> [WHAT IS EXPECTED]: The data below holds a line containing "scan = record" and a line containing "overspent_test = refl"; please quote exactly those two lines and every line between them, and nothing else.

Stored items
Segment Open

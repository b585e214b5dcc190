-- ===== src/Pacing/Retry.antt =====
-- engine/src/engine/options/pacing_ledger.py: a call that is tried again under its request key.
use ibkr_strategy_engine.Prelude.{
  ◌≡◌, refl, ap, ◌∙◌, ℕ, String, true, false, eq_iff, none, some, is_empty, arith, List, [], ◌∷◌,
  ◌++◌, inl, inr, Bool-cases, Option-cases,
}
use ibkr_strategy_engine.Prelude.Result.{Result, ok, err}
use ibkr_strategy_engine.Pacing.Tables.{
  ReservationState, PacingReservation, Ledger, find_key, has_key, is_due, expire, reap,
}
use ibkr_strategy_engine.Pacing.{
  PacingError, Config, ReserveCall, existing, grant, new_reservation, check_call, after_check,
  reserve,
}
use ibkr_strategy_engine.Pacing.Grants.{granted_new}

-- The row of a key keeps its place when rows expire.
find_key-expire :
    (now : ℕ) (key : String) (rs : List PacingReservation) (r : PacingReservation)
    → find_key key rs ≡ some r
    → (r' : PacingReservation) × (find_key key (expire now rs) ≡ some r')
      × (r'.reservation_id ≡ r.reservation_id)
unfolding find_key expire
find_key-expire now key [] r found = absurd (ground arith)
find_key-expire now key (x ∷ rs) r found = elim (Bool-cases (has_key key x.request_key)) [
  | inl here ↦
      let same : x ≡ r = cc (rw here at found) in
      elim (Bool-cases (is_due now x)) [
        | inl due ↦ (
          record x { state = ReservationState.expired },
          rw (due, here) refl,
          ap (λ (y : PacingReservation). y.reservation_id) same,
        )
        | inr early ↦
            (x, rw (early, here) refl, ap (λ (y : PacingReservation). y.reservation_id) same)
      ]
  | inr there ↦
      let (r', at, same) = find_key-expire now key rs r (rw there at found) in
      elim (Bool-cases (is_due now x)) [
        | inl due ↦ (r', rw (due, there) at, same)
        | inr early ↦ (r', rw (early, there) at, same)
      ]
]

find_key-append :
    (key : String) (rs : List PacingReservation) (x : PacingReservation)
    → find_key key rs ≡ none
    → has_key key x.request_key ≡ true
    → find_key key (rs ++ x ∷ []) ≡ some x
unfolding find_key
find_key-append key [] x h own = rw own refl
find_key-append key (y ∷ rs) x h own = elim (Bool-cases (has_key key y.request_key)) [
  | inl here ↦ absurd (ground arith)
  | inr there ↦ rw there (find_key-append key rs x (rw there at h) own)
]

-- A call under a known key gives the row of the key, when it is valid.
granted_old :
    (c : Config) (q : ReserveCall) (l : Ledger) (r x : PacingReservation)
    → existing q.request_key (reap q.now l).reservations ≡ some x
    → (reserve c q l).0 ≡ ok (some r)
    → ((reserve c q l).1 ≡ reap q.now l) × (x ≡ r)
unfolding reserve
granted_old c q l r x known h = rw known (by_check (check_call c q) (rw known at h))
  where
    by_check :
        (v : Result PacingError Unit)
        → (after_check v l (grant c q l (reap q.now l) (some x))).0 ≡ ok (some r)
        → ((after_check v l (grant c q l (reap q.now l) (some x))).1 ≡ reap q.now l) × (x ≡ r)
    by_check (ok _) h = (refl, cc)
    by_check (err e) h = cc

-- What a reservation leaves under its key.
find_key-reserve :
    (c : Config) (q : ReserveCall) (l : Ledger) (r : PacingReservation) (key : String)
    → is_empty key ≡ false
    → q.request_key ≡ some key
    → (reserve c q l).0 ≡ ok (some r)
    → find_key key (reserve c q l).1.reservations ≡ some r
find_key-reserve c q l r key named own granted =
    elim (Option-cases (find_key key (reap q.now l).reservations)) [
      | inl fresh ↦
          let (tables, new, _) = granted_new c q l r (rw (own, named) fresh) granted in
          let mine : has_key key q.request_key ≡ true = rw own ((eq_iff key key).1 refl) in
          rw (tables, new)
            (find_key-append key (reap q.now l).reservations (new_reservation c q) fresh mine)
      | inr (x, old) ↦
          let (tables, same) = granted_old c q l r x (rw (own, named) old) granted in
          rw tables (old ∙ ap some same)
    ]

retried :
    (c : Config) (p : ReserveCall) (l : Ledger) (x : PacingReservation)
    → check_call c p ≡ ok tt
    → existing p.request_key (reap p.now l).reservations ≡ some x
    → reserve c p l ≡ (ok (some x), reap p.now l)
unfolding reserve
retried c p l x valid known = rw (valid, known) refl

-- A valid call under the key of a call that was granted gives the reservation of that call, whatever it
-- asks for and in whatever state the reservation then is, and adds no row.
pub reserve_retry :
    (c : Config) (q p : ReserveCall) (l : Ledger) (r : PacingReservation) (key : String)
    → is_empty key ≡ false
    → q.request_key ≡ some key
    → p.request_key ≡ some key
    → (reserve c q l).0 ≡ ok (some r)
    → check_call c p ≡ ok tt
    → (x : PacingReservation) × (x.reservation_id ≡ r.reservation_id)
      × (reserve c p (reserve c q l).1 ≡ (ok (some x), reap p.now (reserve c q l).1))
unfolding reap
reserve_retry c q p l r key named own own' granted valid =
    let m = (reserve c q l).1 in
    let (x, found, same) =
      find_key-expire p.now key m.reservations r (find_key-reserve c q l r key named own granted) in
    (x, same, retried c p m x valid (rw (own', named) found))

Segment Closed
Segment Open

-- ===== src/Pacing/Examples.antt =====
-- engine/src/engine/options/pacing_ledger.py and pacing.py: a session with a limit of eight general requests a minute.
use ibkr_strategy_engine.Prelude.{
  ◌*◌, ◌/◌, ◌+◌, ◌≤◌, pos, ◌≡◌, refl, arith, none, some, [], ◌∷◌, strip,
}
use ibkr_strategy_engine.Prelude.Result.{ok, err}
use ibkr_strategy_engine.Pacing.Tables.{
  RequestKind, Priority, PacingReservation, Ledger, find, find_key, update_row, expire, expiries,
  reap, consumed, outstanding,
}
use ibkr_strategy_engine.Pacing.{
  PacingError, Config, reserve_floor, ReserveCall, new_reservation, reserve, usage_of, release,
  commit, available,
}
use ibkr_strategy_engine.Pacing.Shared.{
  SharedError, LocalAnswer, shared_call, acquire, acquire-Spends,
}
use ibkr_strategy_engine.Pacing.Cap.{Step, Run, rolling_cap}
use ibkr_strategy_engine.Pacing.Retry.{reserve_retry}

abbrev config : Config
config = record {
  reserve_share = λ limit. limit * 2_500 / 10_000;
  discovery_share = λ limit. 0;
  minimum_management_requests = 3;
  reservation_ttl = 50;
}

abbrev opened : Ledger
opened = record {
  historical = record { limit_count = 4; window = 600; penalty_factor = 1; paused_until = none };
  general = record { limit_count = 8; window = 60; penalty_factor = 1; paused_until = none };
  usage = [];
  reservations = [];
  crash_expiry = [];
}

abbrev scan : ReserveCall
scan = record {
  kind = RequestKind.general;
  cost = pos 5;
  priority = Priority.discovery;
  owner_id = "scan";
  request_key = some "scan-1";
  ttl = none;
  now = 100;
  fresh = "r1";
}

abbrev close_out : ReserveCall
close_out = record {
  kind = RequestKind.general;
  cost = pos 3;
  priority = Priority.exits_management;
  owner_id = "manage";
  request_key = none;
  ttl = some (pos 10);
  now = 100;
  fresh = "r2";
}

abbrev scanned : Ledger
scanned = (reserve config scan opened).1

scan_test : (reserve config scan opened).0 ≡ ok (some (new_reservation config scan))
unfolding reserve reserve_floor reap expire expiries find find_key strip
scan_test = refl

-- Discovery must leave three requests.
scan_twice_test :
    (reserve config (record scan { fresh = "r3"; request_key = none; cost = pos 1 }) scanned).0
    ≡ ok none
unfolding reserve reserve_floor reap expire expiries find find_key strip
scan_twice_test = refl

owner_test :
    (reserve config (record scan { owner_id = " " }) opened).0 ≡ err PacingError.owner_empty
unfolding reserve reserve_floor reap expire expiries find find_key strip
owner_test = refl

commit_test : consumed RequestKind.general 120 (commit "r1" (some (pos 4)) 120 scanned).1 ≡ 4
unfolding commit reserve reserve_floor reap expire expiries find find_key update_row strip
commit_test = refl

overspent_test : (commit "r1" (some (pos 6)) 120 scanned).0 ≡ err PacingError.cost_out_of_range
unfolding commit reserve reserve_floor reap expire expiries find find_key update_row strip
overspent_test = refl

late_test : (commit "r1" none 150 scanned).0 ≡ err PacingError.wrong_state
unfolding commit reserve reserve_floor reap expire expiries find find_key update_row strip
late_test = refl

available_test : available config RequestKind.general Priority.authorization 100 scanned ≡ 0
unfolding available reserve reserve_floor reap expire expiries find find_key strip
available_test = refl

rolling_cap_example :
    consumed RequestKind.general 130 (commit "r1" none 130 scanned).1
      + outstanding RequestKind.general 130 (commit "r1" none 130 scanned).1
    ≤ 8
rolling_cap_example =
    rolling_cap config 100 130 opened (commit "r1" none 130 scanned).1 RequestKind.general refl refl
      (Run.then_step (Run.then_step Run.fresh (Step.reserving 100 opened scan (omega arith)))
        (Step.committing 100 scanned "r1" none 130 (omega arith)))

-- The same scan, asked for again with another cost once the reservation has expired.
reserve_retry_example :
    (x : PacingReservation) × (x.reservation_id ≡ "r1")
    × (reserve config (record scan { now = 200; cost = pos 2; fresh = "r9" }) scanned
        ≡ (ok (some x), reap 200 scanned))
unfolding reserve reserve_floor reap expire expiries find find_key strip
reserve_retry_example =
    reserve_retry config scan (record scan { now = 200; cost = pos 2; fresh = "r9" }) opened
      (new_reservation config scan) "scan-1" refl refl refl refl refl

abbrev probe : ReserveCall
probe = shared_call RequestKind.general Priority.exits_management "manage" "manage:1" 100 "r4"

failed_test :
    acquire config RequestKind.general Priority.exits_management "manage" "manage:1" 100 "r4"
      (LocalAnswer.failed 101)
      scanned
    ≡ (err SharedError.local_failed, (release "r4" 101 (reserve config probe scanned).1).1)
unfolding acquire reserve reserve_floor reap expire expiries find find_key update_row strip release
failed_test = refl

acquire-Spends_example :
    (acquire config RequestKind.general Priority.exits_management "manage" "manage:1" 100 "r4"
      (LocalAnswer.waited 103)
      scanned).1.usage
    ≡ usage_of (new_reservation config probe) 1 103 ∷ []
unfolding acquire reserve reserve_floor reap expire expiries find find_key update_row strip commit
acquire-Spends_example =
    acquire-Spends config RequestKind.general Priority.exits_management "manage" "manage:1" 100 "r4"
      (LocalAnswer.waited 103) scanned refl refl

Segment Closed

> [SOLUTION TO THIS EXERCISE]:
scan = record {
  kind = RequestKind.general;
  cost = pos 5;
  priority = Priority.discovery;
  owner_id = "scan";
  request_key = some "scan-1";
  ttl = none;
  now = 100;
  fresh = "r1";
}

abbrev close_out : ReserveCall
close_out = record {
  kind = RequestKind.general;
  cost = pos 3;
  priority = Priority.exits_management;
  owner_id = "manage";
  request_key = none;
  ttl = some (pos 10);
  now = 100;
  fresh = "r2";
}

abbrev scanned : Ledger
scanned = (reserve config scan opened).1

scan_test : (reserve config scan opened).0 ≡ ok (some (new_reservation config scan))
unfolding reserve reserve_floor reap expire expiries find find_key strip
scan_test = refl

-- Discovery must leave three requests.
scan_twice_test :
    (reserve config (record scan { fresh = "r3"; request_key = none; cost = pos 1 }) scanned).0
    ≡ ok none
unfolding reserve reserve_floor reap expire expiries find find_key strip
scan_twice_test = refl

owner_test :
    (reserve config (record scan { owner_id = " " }) opened).0 ≡ err PacingError.owner_empty
unfolding reserve reserve_floor reap expire expiries find find_key strip
owner_test = refl

commit_test : consumed RequestKind.general 120 (commit "r1" (some (pos 4)) 120 scanned).1 ≡ 4
unfolding commit reserve reserve_floor reap expire expiries find find_key update_row strip
commit_test = refl

overspent_test : (commit "r1" (some (pos 6)) 120 scanned).0 ≡ err PacingError.cost_out_of_range
unfolding commit reserve reserve_floor reap expire expiries find find_key update_row strip
overspent_test = refl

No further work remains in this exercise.